Effects of Necl2 overexpression on growth and differentiation of
cultured human keratinocytes. (A) Flow cytometry of keratinocytes
transduced within empty vector (EV, red) or Necl2 (blue) and labelled
with anti-Necl2. (B) Necl2 immunoblots of Necl2-transduced or
control (EV) AM12 packaging cells (A) and keratinocytes (K). Molecular mass
markers (kDa) are indicated. (C,D) Representative dishes of
control(C) and Necl2- (D) transduced keratinocyte colonies 2 weeks
after plating. (E) Quantification of relative size of individual
control (black) and Necl2 transduced (red) clones. All clones
(n>300) from one experiment are shown; data are representative of
three separate experiments. (F) Keratinocyte growth was assessed by
measuring mitochondrial activity (OD490;
*P<0.05). (G) Flow cytometric determination of
proportion of involucrin-positive Necl2-transduced and control
keratinocytes. (H,I) Quantification of basal cell density (H)
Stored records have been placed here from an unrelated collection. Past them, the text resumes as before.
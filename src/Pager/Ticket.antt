-- ===== src/Pager/Ticket.antt =====
-- Page-in tickets of pager.rs: what `complete` lets into the store, and when a request is stale.
use web_tos.Prelude.{
  ℕ, ◌+◌, ◌^◌, ◌<◌, ◌≡◌, ◌≢◌, ◌⊎◌, refl, ap, sym, subst, ◌∙◌, true, false, Bool-cases, Option-cases,
  none, some, inl, inr, arith, ltb, ◌==◌, List, [], ◌∷◌, ◌++◌, Result, Result-cases, ok, err,
}
use web_tos.Prelude.NatMap.{get, insert, remove, get-insert, get-remove}
use web_tos.Chunk.{ByteVec}
use web_tos.Vfs.{Vfs}
use web_tos.Vfs.Storage.{put_chunk, PutError}
use web_tos.Pager.{
  Pager, PageRequest, AddressSpace, with_mappings, with_space, bump, is_current, complete,
  delivered, CompleteError, none_pending, wrong_ticket, stale, not_put, unmap, protect, map_file,
  remap, drop_space,
}
use web_tos.Pager.Mapping.{FileMapping}
use web_tos.Pager.Refine.{bump-ne}

-- The cases of a delivery while `q` is pending.
abbrev pub Outcome :
    Pager → Vfs → ℕ → ByteVec → PageRequest → Result CompleteError (Unit {0}) × Pager × Vfs → Type 0
Outcome p v ticket bytes_of q r =
    (q.ticket ≢ ticket) × (r ≡ (err wrong_ticket, p, v))
    ⊎ (is_current p q ≡ false) × (r ≡ (err stale, record p { pending = none }, v))
    ⊎ ((e : PutError) × (put_chunk v q.hash bytes_of ≡ err e) × (r ≡ (err (not_put e), p, v)))
    ⊎ ((w : Vfs) × (q.ticket ≡ ticket)
        × (is_current p q ≡ true)
        × (put_chunk v q.hash bytes_of ≡ ok w)
        × (r ≡ (ok tt, record p { pending = none }, w)))

-- What `complete` may do.
abbrev pub Completed :
    Pager → Vfs → ℕ → ByteVec → Result CompleteError (Unit {0}) × Pager × Vfs → Type 0
Completed p v ticket bytes_of r =
    (p.pending ≡ none) × (r ≡ (err none_pending, p, v))
    ⊎ ((q : PageRequest) × (p.pending ≡ some q) × Outcome p v ticket bytes_of q r)

delivered_lem :
    (p : Pager) (v : Vfs) (ticket : ℕ) (bytes_of : ByteVec) (q : PageRequest)
    → Outcome p v ticket bytes_of q (delivered p v ticket bytes_of q)
unfolding delivered
delivered_lem p v ticket bytes_of q = elim (Bool-cases (q.ticket == ticket)) [
  | inr other ↦ inl (ground arith, rw other refl)
  | inl mine ↦ elim (Bool-cases (is_current p q)) [
    | inr late ↦ inr (inl (late, rw (mine, late) refl))
    | inl now ↦ elim (Result-cases (put_chunk v q.hash bytes_of)) [
      | inr (e, bad) ↦ inr (inr (inl (e, bad, rw (mine, now, delivered, bad) refl)))
      | inl (w, fine) ↦
          inr (inr (inr (w, ground arith, now, fine, rw (mine, now, delivered, fine) refl)))
    ]
  ]
]

Outcome-delivered :
    (p : Pager) (v : Vfs) (ticket : ℕ) (bytes_of : ByteVec) (q : PageRequest)
    (r : Result CompleteError (Unit {0}) × Pager × Vfs)
    → r ≡ delivered p v ticket bytes_of q
    → Outcome p v ticket bytes_of q (delivered p v ticket bytes_of q)
    → Outcome p v ticket bytes_of q r
Outcome-delivered p v ticket bytes_of q r e o =
    subst (λ x. Outcome p v ticket bytes_of q x) (sym e) o

-- A delivery changes the filesystem only if it has the ticket of the pending request, that request
-- is current, and the store accepts the bytes for the request's digest; then no request is
-- pending. A stale request is dropped; on every other failure the request stays pending.
pub complete_lem :
    (p : Pager) (v : Vfs) (ticket : ℕ) (bytes_of : ByteVec)
    → Completed p v ticket bytes_of (complete p v ticket bytes_of)
unfolding complete
complete_lem p v ticket bytes_of = elim (Option-cases p.pending) [
  | inl quiet ↦ inl (quiet, ground arith)
  | inr (q, waits) ↦
      let runs : complete p v ticket bytes_of ≡ delivered p v ticket bytes_of q = ground arith in
      inr (
        q,
        waits,
        Outcome-delivered p v ticket bytes_of q _ runs (delivered_lem p v ticket bytes_of q),
      )
]

-- The pending request is not current in `after`, and a delivery changes nothing of the filesystem.
abbrev pub Outdates : Pager → PageRequest → Type 0
Outdates after q =
    (is_current after q ≡ false)
    × (after.pending ≡ some q)
    × ((v : Vfs) (ticket : ℕ) (bytes_of : ByteVec) → (complete after v ticket bytes_of).2 ≡ v)

refused_late :
    (after : Pager) (q : PageRequest)
    → is_current after q ≡ false
    → after.pending ≡ some q
    → Outdates after q
unfolding complete delivered
refused_late after q late waits = (late, waits, λ v ticket bytes_of. ground (arith, late, waits))

drop_space-Outdates :
    (p : Pager) (q : PageRequest) → p.pending ≡ some q → Outdates (drop_space p q.asid) q
unfolding is_current drop_space
drop_space-Outdates p q waits =
    let gone : get q.asid (remove q.asid p.spaces) ≡ none =
      get-remove q.asid q.asid p.spaces ∙ ground arith in
    refused_late (drop_space p q.asid) q (rw (is_current, gone) refl) waits

generation-ne :
    (p : Pager) (q : PageRequest) (space : AddressSpace)
    → get q.asid p.spaces ≡ some space
    → is_current p q ≡ true
    → q.generation < 2 ^ 64
    → bump space.generation ≢ q.generation
unfolding is_current
generation-ne p q space there now word same =
    let here : space.generation ≡ q.generation = ground (arith, there, now) in
    bump-ne space.generation (omega (arith, here, word)) (same ∙ sym here)

-- A new list of mappings for the space makes the request stale.
Outdates-insert :
    (p after : Pager) (q : PageRequest) (space : AddressSpace) (mappings : List FileMapping)
    → get q.asid p.spaces ≡ some space
    → is_current p q ≡ true
    → q.generation < 2 ^ 64
    → after.spaces ≡ insert q.asid (with_mappings space mappings) p.spaces
    → after.pending ≡ some q
    → Outdates after q
unfolding is_current
Outdates-insert p after q space mappings there now word e waits =
    let ne = generation-ne p q space there now word in
    let new : get q.asid after.spaces ≡ some (with_mappings space mappings) =
      ap (λ m. get q.asid m) e
      ∙ get-insert q.asid q.asid (with_mappings space mappings) p.spaces
      ∙ ground arith in
    refused_late after q (ground (arith, new, ne)) waits

-- The space of a current request exists.
space_of_current :
    (p : Pager) (q : PageRequest)
    → is_current p q ≡ true
    → (space : AddressSpace) × (get q.asid p.spaces ≡ some space)
unfolding is_current
space_of_current p q now = elim (Option-cases (get q.asid p.spaces)) [
  | inl gone ↦ absurd (ground (arith, gone, now))
  | inr (space, there) ↦ (space, there)
]

-- While the pending request is current, its generation being a `u64`, each of these changes to its
-- address space makes it stale at once: a mapping added, a range unmapped (also one that passes the
-- last address), a range protected (inside the address space), a range moved, and the whole space
-- dropped. In the state after that one change the request is still pending, and whatever is
-- delivered then leaves the filesystem as it was.
pub is_current_lem :
    (p : Pager) (q : PageRequest) (m : FileMapping) (start len perm new_start new_len : ℕ)
    → p.pending ≡ some q
    → is_current p q ≡ true
    → q.generation < 2 ^ 64
    → start + len < 2 ^ 64
    → Outdates (map_file p q.asid m) q
      × ((l : ℕ) → Outdates (unmap p q.asid start l) q)
      × Outdates (protect p q.asid start len perm) q
      × Outdates (remap p q.asid start len new_start new_len) q
      × Outdates (drop_space p q.asid) q
unfolding map_file unmap protect remap
is_current_lem p q m start len perm new_start new_len waits now word fits =
    let (space, there) = space_of_current p q now in
    let by =
      λ (after : Pager) (ms : List FileMapping)
          (e : after.spaces ≡ insert q.asid (with_mappings space ms) p.spaces)
          (keeps : after.pending ≡ some q).
        Outdates-insert p after q space ms there now word e keeps in
    let small : ltb (start + len) (2 ^ 64) ≡ true = ground arith in
    let gone = drop_space-Outdates p q waits in
    (
      rw there (
          by (with_space p q.asid (with_mappings space (space.mappings ++ (m ∷ [])))) _ refl waits),
      λ l. elim (Bool-cases (ltb (start + l) (2 ^ 64))) [
        | inl inside ↦ rw (unmap, inside, there) (by _ _ refl waits)
        | inr past ↦ rw (unmap, past) gone
      ],
      rw (protect, small, there) (by _ _ refl waits),
      rw (remap, there) (by _ _ refl waits),
      gone,
    )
and epidermal thickness (I) in epidermis reconstituted by control (EV) and
Necl2-transduced cells cultured on de-epidermised dermis.
(J,K) H&E-stained sections of control (J) and
Necl2-transduced (K) keratinocytes grown on DED substrates for 2
weeks. (L) Western blot of control and Necl2-transduced
keratinocytes cultured in the absence of HGF (0) or stimulated with HGF for
the times indicated. Blot was probed with antibodies against CASK or, as a
loading control, β-tubulin. (M,N) Representative images of
colonies transduced with Necl2 (M) or empty vector (N) stained with
antibodies against CASK (red) and Necl2 (green). Error bars in G-I represent
s.e.m. Scale bars: 100 μm in J,K; 10 μm in M,N.